Is there a procedure to acclimate new shrimp to an aquarium???

Thanks!


----------



## trenac (Jul 16, 2004)

This is how I aclimate shrimp... I first float the bag in my tank water for 5-10 minutes, then I pour shrimp along with bag water into a small bowl. Then I start adding small amounts of tank water in 10-15 minute intervals for about 1 hour. Then I use a net to scope out the shrimp and put them into my tank.


----------



## bdement (Jun 4, 2007)

One addition to what trenac said: At the end of the hour, you should aim to have about 3 times the water that you started with.


----------



## Chuppy (Aug 5, 2007)

Agreed.... 
though what i would do is to use the drip method.. i found it kind of efficient..


----------



## GlitcH (Aug 21, 2006)

I would also add that if the "bag" they came in is a breather bag you should not use that for acclimation. The O2 exchange doesn't work correctly when breather bags are submersed, the shrimp can be deprived of O2 and possibly die. Just use a ziplock or something else that's clean.


----------



## trenac (Jul 16, 2004)

That's true Brain, but floating the breather bag for 5 minutes will not hurt.


----------



## erijnal (Apr 5, 2006)

If you use the drip method, you won't have to acclimate the bag for temperature.

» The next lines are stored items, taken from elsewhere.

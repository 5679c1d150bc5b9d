-- ===== src/Uploads/Sweeping.antt =====
-- `sweepAbandoned` in modules/uploads/sessions.ts, and what it drops and keeps.
use local_cast.Base.{
  ℕ, ◌+◌, ◌≡◌, ◌≢◌, refl, ap, ◌∙◌, Bool, true, false, Bool-cases, inl, inr, ◌&&◌, List, [], ◌∷◌,
  none, some, Text, text_eq, text_eq_iff, arith, ltb, if◌then◌else◌,
}
use local_cast.Maps.{get, delete, get-delete_ne, get-delete_self}
use local_cast.Uploads.{aborted, is_active, UploadRow, Service}

-- A session that `sweepAbandoned` drops: `updated_at < now - olderThanMs`, where the right side may
-- lie before time 0.
unfoldable pub is_abandoned : ℕ → ℕ → UploadRow → Bool
is_abandoned older t row = is_active row.status && ltb (row.updated_at + older) t

sweep_disk : ℕ → ℕ → List (Text × UploadRow) → List (Text × List ℕ) → List (Text × List ℕ)
unfolding is_abandoned delete
sweep_disk older t [] disk = disk
sweep_disk older t ((id, row) ∷ rows) disk =
    sweep_disk older t rows (if is_abandoned older t row then delete row.temp_path disk else disk)

pub sweep_rows : ℕ → ℕ → List (Text × UploadRow) → List (Text × UploadRow)
unfolding is_abandoned
sweep_rows older t [] = []
sweep_rows older t ((id, row) ∷ rows) =
    (
      id,
      (if is_abandoned older t row then record row { status = aborted; updated_at = t } else row),
    )
    ∷ sweep_rows older t rows

count_abandoned : ℕ → ℕ → List (Text × UploadRow) → ℕ
unfolding is_abandoned
count_abandoned older t [] = 0
count_abandoned older t ((id, row) ∷ rows) =
    (if is_abandoned older t row then 1 else 0) + count_abandoned older t rows

pub sweep_abandoned : Service → ℕ → ℕ → Service × ℕ
unfolding sweep_disk sweep_rows count_abandoned
sweep_abandoned s older t = (
  record s { disk = sweep_disk older t s.rows s.disk; rows = sweep_rows older t s.rows },
  count_abandoned older t s.rows,
)

get-delete-none :
    (k q : Text) (disk : List (Text × List ℕ)) → get q disk ≡ none → get q (delete k disk) ≡ none
get-delete-none k q disk h = elim (Bool-cases (text_eq k q)) [
  | inl same ↦ rw (← (text_eq_iff k q).0 same) (get-delete_self k disk)
  | inr other ↦ get-delete_ne k q disk (λ e. ground (arith, text_eq_iff k q)) ∙ h
]

sweep_disk-none :
    (older t : ℕ) (q : Text) (rows : List (Text × UploadRow)) (disk : List (Text × List ℕ))
    → get q disk ≡ none
    → get q (sweep_disk older t rows disk) ≡ none
unfolding sweep_disk
sweep_disk-none older t q [] disk h = h
sweep_disk-none older t q ((id, row) ∷ rows) disk h =
    sweep_disk-none older t q rows _ (ground (arith, h, get-delete-none row.temp_path q disk h))

-- The rows behind a sweep.
abbrev swept : ℕ → ℕ → UploadRow → UploadRow
swept older t row =
    if is_abandoned older t row then record row { status = aborted; updated_at = t } else row

get-sweep_rows :
    (older t : ℕ) (id : Text) (row : UploadRow) (rows : List (Text × UploadRow))
    → get id rows ≡ some row
    → get id (sweep_rows older t rows) ≡ some (swept older t row)
unfolding get sweep_rows
get-sweep_rows older t id row [] h = absurd cc
get-sweep_rows older t id row ((j, r) ∷ rows) h = elim (Bool-cases (text_eq j id)) [
  | inl same ↦
      let found : some r ≡ some row = rw same at h in
      let e : r ≡ row = cc in rw same (ap (λ x. some (swept older t x)) e)
  | inr other ↦ rw other (get-sweep_rows older t id row rows (rw other at h))
]

sweep_disk-gone :
    (older t : ℕ) (id : Text) (row : UploadRow) (rows : List (Text × UploadRow))
    (disk : List (Text × List ℕ))
    → get id rows ≡ some row
    → is_abandoned older t row ≡ true
    → get row.temp_path (sweep_disk older t rows disk) ≡ none
unfolding get sweep_disk
sweep_disk-gone older t id row [] disk h old = absurd cc
sweep_disk-gone older t id row ((j, r) ∷ rows) disk h old = elim (Bool-cases (text_eq j id)) [
  | inl same ↦
      let found : some r ≡ some row = rw same at h in
      let e : r ≡ row = cc in
      let here : is_abandoned older t r ≡ true = ap (is_abandoned older t) e ∙ old in
      rw here (
        sweep_disk-none older t row.temp_path rows _ (
          ap (λ (x : UploadRow). get row.temp_path (delete x.temp_path disk)) e
          ∙ get-delete_self row.temp_path disk))
  | inr other ↦ sweep_disk-gone older t id row rows _ (rw other at h) old
]

-- A path that no abandoned session uses.
abbrev pub Spared : ℕ → ℕ → Text → List (Text × UploadRow) → Type 0
Spared older t q [] = Unit
Spared older t q ((j, r) ∷ rows) =
    (is_abandoned older t r ≡ true → r.temp_path ≢ q) × Spared older t q rows

sweep_disk-Spared :
    (older t : ℕ) (q : Text) (rows : List (Text × UploadRow)) (disk : List (Text × List ℕ))
    → Spared older t q rows
    → get q (sweep_disk older t rows disk) ≡ get q disk
unfolding sweep_disk
sweep_disk-Spared older t q [] disk a = refl
sweep_disk-Spared older t q ((j, r) ∷ rows) disk (h, a) =
    sweep_disk-Spared older t q rows _ a ∙ elim (Bool-cases (is_abandoned older t r)) [
      | inl old ↦ rw old (get-delete_ne r.temp_path q disk (h old))
      | inr live ↦ rw live refl
    ]

-- A session that has been active and untouched for longer than `older` is aborted by a sweep, and
-- its temporary file is gone.
sweep_abandoned-gone :
    (s : Service) (older t : ℕ) (id : Text) (row : UploadRow)
    → get id s.rows ≡ some row
    → is_abandoned older t row ≡ true
    → (get id (sweep_abandoned s older t).0.rows
        ≡ some (record row { status = aborted; updated_at = t }))
      × (get row.temp_path (sweep_abandoned s older t).0.disk ≡ none)
unfolding sweep_abandoned
sweep_abandoned-gone s older t id row h old = (
  get-sweep_rows older t id row s.rows h ∙ rw old refl,
  sweep_disk-gone older t id row s.rows s.disk h old,
)

-- A sweep leaves every other session as it is, and every file that is not the temporary file of an
-- abandoned session.
sweep_abandoned-Spared :
    (s : Service) (older t : ℕ) (id : Text) (row : UploadRow) (q : Text)
    → get id s.rows ≡ some row
    → is_abandoned older t row ≡ false
    → Spared older t q s.rows
    → (get id (sweep_abandoned s older t).0.rows ≡ some row)
      × (get q (sweep_abandoned s older t).0.disk ≡ get q s.disk)
unfolding sweep_abandoned
sweep_abandoned-Spared s older t id row q h live a = (
  get-sweep_rows older t id row s.rows h ∙ rw live refl,
  sweep_disk-Spared older t q s.rows s.disk a,
)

Quick explanation of drip method:

Transfer water and shrimp from bag into a bucket. Run an airline from the tank you want to put them in, to the bucket. Get water running down the airline like a siphon into the bucket. Once you've doubled the volume of water in the bucket, dump the water out, and continue drip method until the bucket reaches the double volume again. Then net the shrimp and add them in.

I usually aim for around 2-4 drops of water per second. You can adjust the drop rate by knotting the airline. The drip method will take a couple hours, but I believe it's safer.


----------



## elaphe (Aug 24, 2006)

erijnal said:


> If you use the drip method, you won't have to acclimate the bag for temperature.
> 
> Quick explanation of drip method:
> 
> ...


Just another quick tip. Get an airline control valve (not sure the exact name). One with barbs on both ends and a valve that goes from fully open to fully closed. Start the water then turn the valve so that you drip at the rate you want.

I have a cheap brass one. I think it cost less than $1.50 at Petsmart. It's nice because it also hangs on the side of the tank. Short silicone tube in the tank, long tube to the bucket on the floor. Works really good for shrimp and fish.

Brian


----------